Ces instructions s’appellent le protocole Open Graph. Facebook l’a créé en 2010 pour standardiser ces aperçus, et presque toutes les plateformes l’ont adopté depuis, y compris celles qui n’ont rien à voir avec Facebook. LinkedIn, WhatsApp, Slack, Discord, les messageries de téléphone, toutes lisent les mêmes balises.
Retenez ça, ça change tout. C’est vous qui décidez de ce qui s’affiche, pas la plateforme. Si votre lien ressort moche, c’est que votre page s’est tue, et le robot s’est débrouillé avec les moyens du bord, en général la première image venue et le titre de l’onglet.
Une conséquence pratique. Ces réglages se posent page par page. Votre page d’accueil et un article de votre blog ne doivent pas afficher la même chose.
Posez les 4 balises indispensables
Elles vivent dans l’en-tête de la page, la zone que le visiteur ne voit jamais. 4 suffisent pour que l’aperçu fonctionne. On ne va pas y passer 3 plombes.
- Le titre. Celui qui s’affichera en gras dans l’aperçu. Il n’est pas obligé d’être identique au titre de votre page, et c’est même souvent mieux qu’il soit plus court et plus direct.
- Le type. Ce que représente la page.
websitepour une page ordinaire,articlepour un billet de blog. Cela paraît anecdotique, mais certaines plateformes s’en servent pour choisir la mise en forme. - L’image. L’adresse complète du visuel à afficher. C’est le point qui rate le plus souvent, et il a droit à l’étape suivante.
- L’adresse de la page. L’adresse officielle, celle que la plateforme doit retenir même si le lien collé comportait des paramètres de suivi.
Ajoutez-y immédiatement la description, techniquement facultative mais décisive en pratique. C’est la phrase sous le titre, celle qui décide si on clique. 2 à 4 phrases suffisent.
2 règles absolues sur la forme, et elles ne se négocient pas.
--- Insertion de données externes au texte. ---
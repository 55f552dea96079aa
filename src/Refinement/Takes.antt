-- ===== src/Refinement/Takes.antt =====
-- src/cpu/cpu6502.cpp: exactly how many T-states the handlers take that can cross a page.
use sys.Base.{
  ℕ, zero, suc, ◌+◌, ◌≡◌, ◌≢◌, refl, sym, ◌∙◌, ap, subst, arith, Bool, true, false, none, some,
  if◌then◌else◌,
}
use sys.Cpu.Capture.{capture}
use sys.Cpu.Clock.{settle}
use sys.Cpu.Cycle.{finish, cycle_of, finish_stops, finish_goes_on}
use sys.Cpu.Handler.{Handler}
use sys.Cpu.State.{Cpu, CpuStep, high}
use sys.Isa.Penalties.{one_if}
use sys.Memory.Interface.{BusAccess}
use sys.Refinement.Timing.{after, next_step}

module _ {M : Type 0} ⦃access : BusAccess M⦄ where
  -- So many T-states of the handler, no fewer and no more.
  unfoldable pub Takes : ℕ → Handler → Cpu M → Type 0
  Takes zero h s = ⊥
  Takes (suc n) h s = (finish n h s ≡ none) × ((t : Cpu M) × (finish (suc n) h s ≡ some t))

  pub Takes-one : (h : Handler) (s : Cpu M) → (cycle_of h s).cpu_step ≡ CpuStep.t0 → Takes 1 h s
  unfolding Takes
  Takes-one h s e = ((unfold finish in refl), (cycle_of h s, finish_stops 0 h s e))

  one_more :
      (n : ℕ) (h : Handler) (s : Cpu M)
      → (cycle_of h s).cpu_step ≢ CpuStep.t0
      → Takes n h (cycle_of h s)
      → Takes (suc n) h s
  unfolding Takes
  one_more zero h s ne v = absurd v
  one_more (suc n) h s ne (none_yet, (t, ends)) =
      (finish_goes_on n h s ne ∙ none_yet, (t, finish_goes_on (suc n) h s ne ∙ ends))

  pub Takes-more :
      (n m : ℕ) (h : Handler) (s : Cpu M)
      → (cycle_of h s).cpu_step ≢ CpuStep.t0
      → m ≡ suc n
      → Takes n h (cycle_of h s)
      → Takes m h s
  Takes-more n m h s ne e v = subst (λ (k : ℕ). Takes k h s) (sym e) (one_more n h s ne v)

  -- A last T-state that a crossing delays by one.
  pub Takes-crossing :
      (h : Handler) (s : Cpu M) (c : Bool) (late : CpuStep)
      → late ≢ CpuStep.t0
      → (cycle_of h s).cpu_step ≡ (if c then late else CpuStep.t0)
      → (c ≡ true → (cycle_of h (cycle_of h s)).cpu_step ≡ CpuStep.t0)
      → Takes (1 + one_if c) h s
  Takes-crossing h s true late ne e f =
      Takes-more 1 2 h s (λ q. ne (sym e ∙ q)) refl (Takes-one h (cycle_of h s) (f refl))
  Takes-crossing h s false late ne e f = Takes-one h s e

  -- A T-state that the latches have no say in.
  pub settled_step :
      (h : Handler) (s : Cpu M) (step next : CpuStep)
      → s.cpu_step ≡ step
      → ((crossed taken : Bool) → after h step crossed taken ≡ next)
      → (cycle_of h s).cpu_step ≡ next
  settled_step h s step next e f =
      next_step h s
      ∙ ap
          (λ (k : CpuStep).
            after h k (capture h (settle high s)).page_crossed
              (capture h (settle high s)).branch_taken)
          e
      ∙ f _ _

  -- The T-state in which an indexed read is made if no page is crossed.
  pub early_read :
      (h : Handler) (s : Cpu M) (step late : CpuStep)
      → s.cpu_step ≡ step
      → late ≢ CpuStep.t0
      → (cycle_of h s).cpu_step ≡ (if s.page_crossed then late else CpuStep.t0)
      → ((crossed taken : Bool) → after h late crossed taken ≡ CpuStep.t0)
      → Takes (1 + one_if s.page_crossed) h s
  early_read h s step late e ne f g = Takes-crossing h s s.page_crossed late ne f (λ c.
      settled_step h (cycle_of h s) late CpuStep.t0
        (f ∙ ap (λ (b : Bool). if b then late else CpuStep.t0) c) g)

  pub two_before :
      (k : ℕ) (h : Handler) (s : Cpu M)
      → (cycle_of h s).cpu_step ≢ CpuStep.t0
      → (cycle_of h (cycle_of h s)).cpu_step ≢ CpuStep.t0
      → Takes (1 + k) h (cycle_of h (cycle_of h s))
      → Takes (3 + k) h s
  two_before k h s ne ne' v =
      Takes-more (2 + k) _ h s ne (omega arith)
        (Takes-more (1 + k) _ h (cycle_of h s) ne' (omega arith) v)

  pub three_before :
      (k : ℕ) (h : Handler) (s : Cpu M)
      → (cycle_of h s).cpu_step ≢ CpuStep.t0
      → (cycle_of h (cycle_of h s)).cpu_step ≢ CpuStep.t0
      → (cycle_of h (cycle_of h (cycle_of h s))).cpu_step ≢ CpuStep.t0
      → Takes (1 + k) h (cycle_of h (cycle_of h (cycle_of h s)))
      → Takes (4 + k) h s
  three_before k h s ne ne' ne_third v =
      Takes-more (3 + k) _ h s ne (omega arith) (two_before k h (cycle_of h s) ne' ne_third v)
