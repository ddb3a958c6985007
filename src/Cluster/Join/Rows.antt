-- ===== src/Cluster/Join/Rows.antt =====
-- The join of the cluster is the nested loop over the rows of both sides, by their strings.
use green_gate.Base.{
  ℕ, zero, suc, ◌+◌, ◌%◌, ◌^◌, ◌≤◌, ◌<◌, ◌≡◌, refl, sym, ap, ap₂, subst, ◌∙◌, inl, inr, Bool, true,
  false, not, ◌&&◌, none, some, Option-cases, List, [], ◌∷◌, ◌++◌, map, arith, ==_self,
  if◌then◌else◌, Bool-cases, length, length-append, length-map, length-replicate, get_elem?,
  replicate, append_assoc, All,
}
use green_gate.Base.Bytes.{Bytes, bytes_eq, bytes_eq_iff}
use green_gate.Cluster.{ShuffleEntry}
use green_gate.Cluster.Matching.{keep_rows, keep_all, get_matching_rows}
use green_gate.Cluster.RowId.{InRange, RowId, pack_row_id, unpack_row_id-pack_row_id}
use green_gate.Cluster.Shuffle.{sig_eq, equal_range, probe, perform_local_join}
use green_gate.Cluster.Shuffle.Laws.{count, count-append}
use green_gate.Cluster.Sides.{signature_of, sign_rows, prepare_side}
use green_gate.Cluster.Join.{Cluster, string_val, prepare_all, same_strings, execute_join_query}
use green_gate.Cluster.Join.Laws.{execute_join_query-perform_local_join}
use green_gate.Query.{Predicate, Column, RecordBatch}

-- A row that takes part: its number and its string.
abbrev pub KeyedRow : Type 0
KeyedRow = ℕ × Bytes

abbrev entry_of : KeyedRow → ShuffleEntry
entry_of (row_id, val) = record { sig = signature_of val; row_id = row_id }

-- The rows of a batch, a side of a node, and a side of all nodes that take part.
unfoldable pub keyed_rows : ℕ → ℕ → Column → ℕ → List Bool → List KeyedRow
keyed_rows node_id b col r [] = []
keyed_rows node_id b col r (m ∷ matches) =
    if m && not (col.is_null r)
    then (pack_row_id node_id b r, col.view r) ∷ keyed_rows node_id b col (r + 1) matches
    else keyed_rows node_id b col (r + 1) matches

unfoldable pub keyed_side : ℕ → ℕ → List RecordBatch → List Predicate → Bytes → List KeyedRow
unfolding keyed_rows
keyed_side node_id b [] preds join_col = []
keyed_side node_id b (batch ∷ batches) preds join_col = elim (batch.column_by_name join_col) [
  | none ↦ keyed_side node_id (b + 1) batches preds join_col
  | some col ↦
      keyed_rows node_id b col 0 (get_matching_rows batch preds)
      ++ keyed_side node_id (b + 1) batches preds join_col
]

unfoldable pub keyed_all : (ℕ → List RecordBatch) → List Predicate → Bytes → ℕ → ℕ → List KeyedRow
unfolding keyed_side
keyed_all batches preds join_col n zero = []
keyed_all batches preds join_col n (suc k) =
    keyed_side n 0 (batches n) preds join_col ++ keyed_all batches preds join_col (n + 1) k

-- The pairs of rows with equal strings.
unfoldable pub equal_to : Bytes → List KeyedRow → ℕ
equal_to val [] = 0
equal_to val ((row_id, val') ∷ rows) = (if bytes_eq val' val then 1 else 0) + equal_to val rows

unfoldable pub equal_pairs : List KeyedRow → List KeyedRow → ℕ
unfolding equal_to
equal_pairs left [] = 0
equal_pairs left ((row_id, val) ∷ right) = equal_to val left + equal_pairs left right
Toujours des adresses complètes, qui commencent par https, jamais des chemins relatifs, sinon le robot repart les mains vides. Et un titre sous 60 caractères, au-delà il est coupé.
Sur un site développé sur mesure, ces balises se posent dans le code plutôt que dans une extension. Notre article sur l’Open Graph en Next.js montre comment les générer, y compris une image différente pour chaque article.
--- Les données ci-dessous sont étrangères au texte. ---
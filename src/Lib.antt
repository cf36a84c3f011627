-- ===== src/Lib.antt =====
-- The TCP implementation of the sponge library (libsponge/): a sender and a receiver of reliable byte
-- streams, the connection that joins them, and the formats on the wire.
--
-- The parts, from the bottom up, and where each is modelled:
-- - ByteStream: libsponge/byte_stream.{hh,cc}, a bounded buffer with an end and an error flag. Both the
--   output of the reassembler and the input of the sender are one.
-- - Wrapping: libsponge/wrapping_integers.{hh,cc}, 32-bit sequence numbers: `wrap` and `unwrap`.
-- - Reassembler: libsponge/stream_reassembler.{hh,cc}. `Chunk` is an entry of `_unassembledBuffer`,
--   `scan` the loop of `push_unassembledString`, and `accept`, `deliver` and `finish` the parts of
--   `push_substring` that its tests lead to.
-- - Segment: libsponge/tcp_helpers/tcp_header.{hh,cc} and tcp_segment.{hh,cc}, in memory and
--   (Segment.Wire) as bytes, over Parser, libsponge/util/parser.{hh,cc}, and Checksum, the
--   `InternetChecksum` of libsponge/util/util.{hh,cc}.
-- - Receiver: libsponge/tcp_receiver.{hh,cc}. It unwraps the number of a segment and pushes its payload
--   into the reassembler.
-- - Sender: libsponge/tcp_sender.{hh,cc}. `fill_window` reads its byte stream into segments, which
--   `segments_out` queues and `segments_outgoing` keeps until `ack_received` drops them; `tick` sends
--   the oldest one again.
-- - Connection: libsponge/tcp_connection.{hh,cc} with libsponge/tcp_helpers/tcp_config.hh. `phase` is
--   the chain of conditions of `segment_received`, and `handle` what its branches do.
-- - TcpState: libsponge/tcp_helpers/tcp_state.{hh,cc}, a connection summarised.
-- - Ipv4: libsponge/tcp_helpers/ipv4_header.{hh,cc} and (Ipv4.Datagram) ipv4_datagram.{hh,cc}; TcpOverIp:
--   libsponge/tcp_helpers/tcp_over_ip.{hh,cc}, segments in datagrams and back.
-- - TcpOverIp.Tun and TcpOverUdp: libsponge/tcp_helpers/tuntap_adapter.hh, fd_adapter.{hh,cc} and
--   lossy_fd_adapter.hh, the adapters that carry segments.
-- - Buffer: libsponge/util/buffer.{hh,cc}; FileDescriptor: libsponge/util/file_descriptor.{hh,cc};
--   EventLoop: libsponge/util/eventloop.{hh,cc}, one round of which calls the callbacks of its rules.
-- - SpongeSocket: libsponge/tcp_helpers/tcp_sponge_socket.cc, the four rules between a connection, its
--   application and its adapter, and (SpongeSocket.Loop) the loop that serves them. An `Environment` is
--   the adapter, the kernel and the application, a `World` that and the socket; the kernel is told
--   whether the socket has shut its pipe to the application for writing. StreamCopy:
--   apps/bidirectional_stream_copy.cc, the rules of a program that copies both ways; `Pipe` is one way,
--   and StreamCopy.Loop is the two with the event loop.
-- - Options: apps/tcp_ipv4.cc and tcp_udp.cc, how they read their arguments.
-- - Benchmark: apps/tcp_benchmark.cc, two connections that exchange segments in one program.
-- - Network: a sender and a receiver with a network between them that loses, repeats and reorders
--   segments, as a step relation; Duplex: two connections with such a network, each of which sends and
--   receives. They have no counterpart in the code.
-- - Examples: runs at concrete values. Base: shared notation and lemmas.
--
-- An object is a record of its members, and an operation a function from the state to the state after
-- it. A byte is a number. Members of 64 and of 32 bits are natural numbers, with the wrap of each sum
-- and difference written out (`add64`, `sub64`, `add32`, `sub32`), unless it cannot happen.
-- `std::list`, `std::queue` and `std::map` are lists, the map in the order of its keys. Where segments
-- and datagrams hold a `Buffer`, it is the list of its bytes. An exception is `none`, and what the
-- kernel answers is an argument.
--
-- The stream of a connection is given by a function `S` from positions to bytes and its length `N`;
-- `slice S k n` is the stretch of `n` bytes from `k` on. `N + 1 < 2 ^ 32`, since the receiver misreads
-- numbers beyond that. Loops go along a list, but for that of `fill_window`, which has the window plus
-- one as fuel: every round that does not leave it puts a number in flight. The loop of the checksum is
-- given the rounds that a 32-bit sum can need, and that of `FileDescriptor::write` the size of what it
-- writes plus one: every round but the last takes a byte. So does every round of the writing loop of the
-- benchmark, and every round over the arguments takes one. The outer loops of the benchmark, of the copy
-- program and of the socket, which no bound ends, are given a number of rounds, and say whether they have
-- ended.
--
-- Not modelled: the sharing of strings by `Buffer`, printing, the waiting of one thread for
-- another, addresses, sockets and devices below the adapters, and the other applications: all but
-- the first are input and output. What `random_device` and other generators yield is an argument, and
-- so is the number of the address that is made of the text of a number.
pub mod Base
pub mod Wrapping
pub mod ByteStream
pub mod Reassembler
pub mod Segment
pub mod Receiver
pub mod Sender
pub mod Connection
pub mod TcpState
pub mod Checksum
pub mod Parser
pub mod Network
pub mod Duplex
pub mod Buffer
pub mod FileDescriptor
pub mod Ipv4
pub mod TcpOverIp
pub mod TcpOverUdp
pub mod SpongeSocket
pub mod EventLoop
pub mod Options
pub mod StreamCopy
pub mod Benchmark
pub mod Examples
Réglez l’image au bon format
C’est l’étape qui règle 80% des aperçus ratés. Et une seule taille fonctionne partout.
1200 pixels de large sur 630 de haut. Ce format, dans un rapport de 1,91 pour 1, s’affiche correctement sur Facebook, LinkedIn, X, WhatsApp, Slack, Discord et les messageries de téléphone. LinkedIn recommande officiellement 627 pixels de haut, l’écart est sans conséquence.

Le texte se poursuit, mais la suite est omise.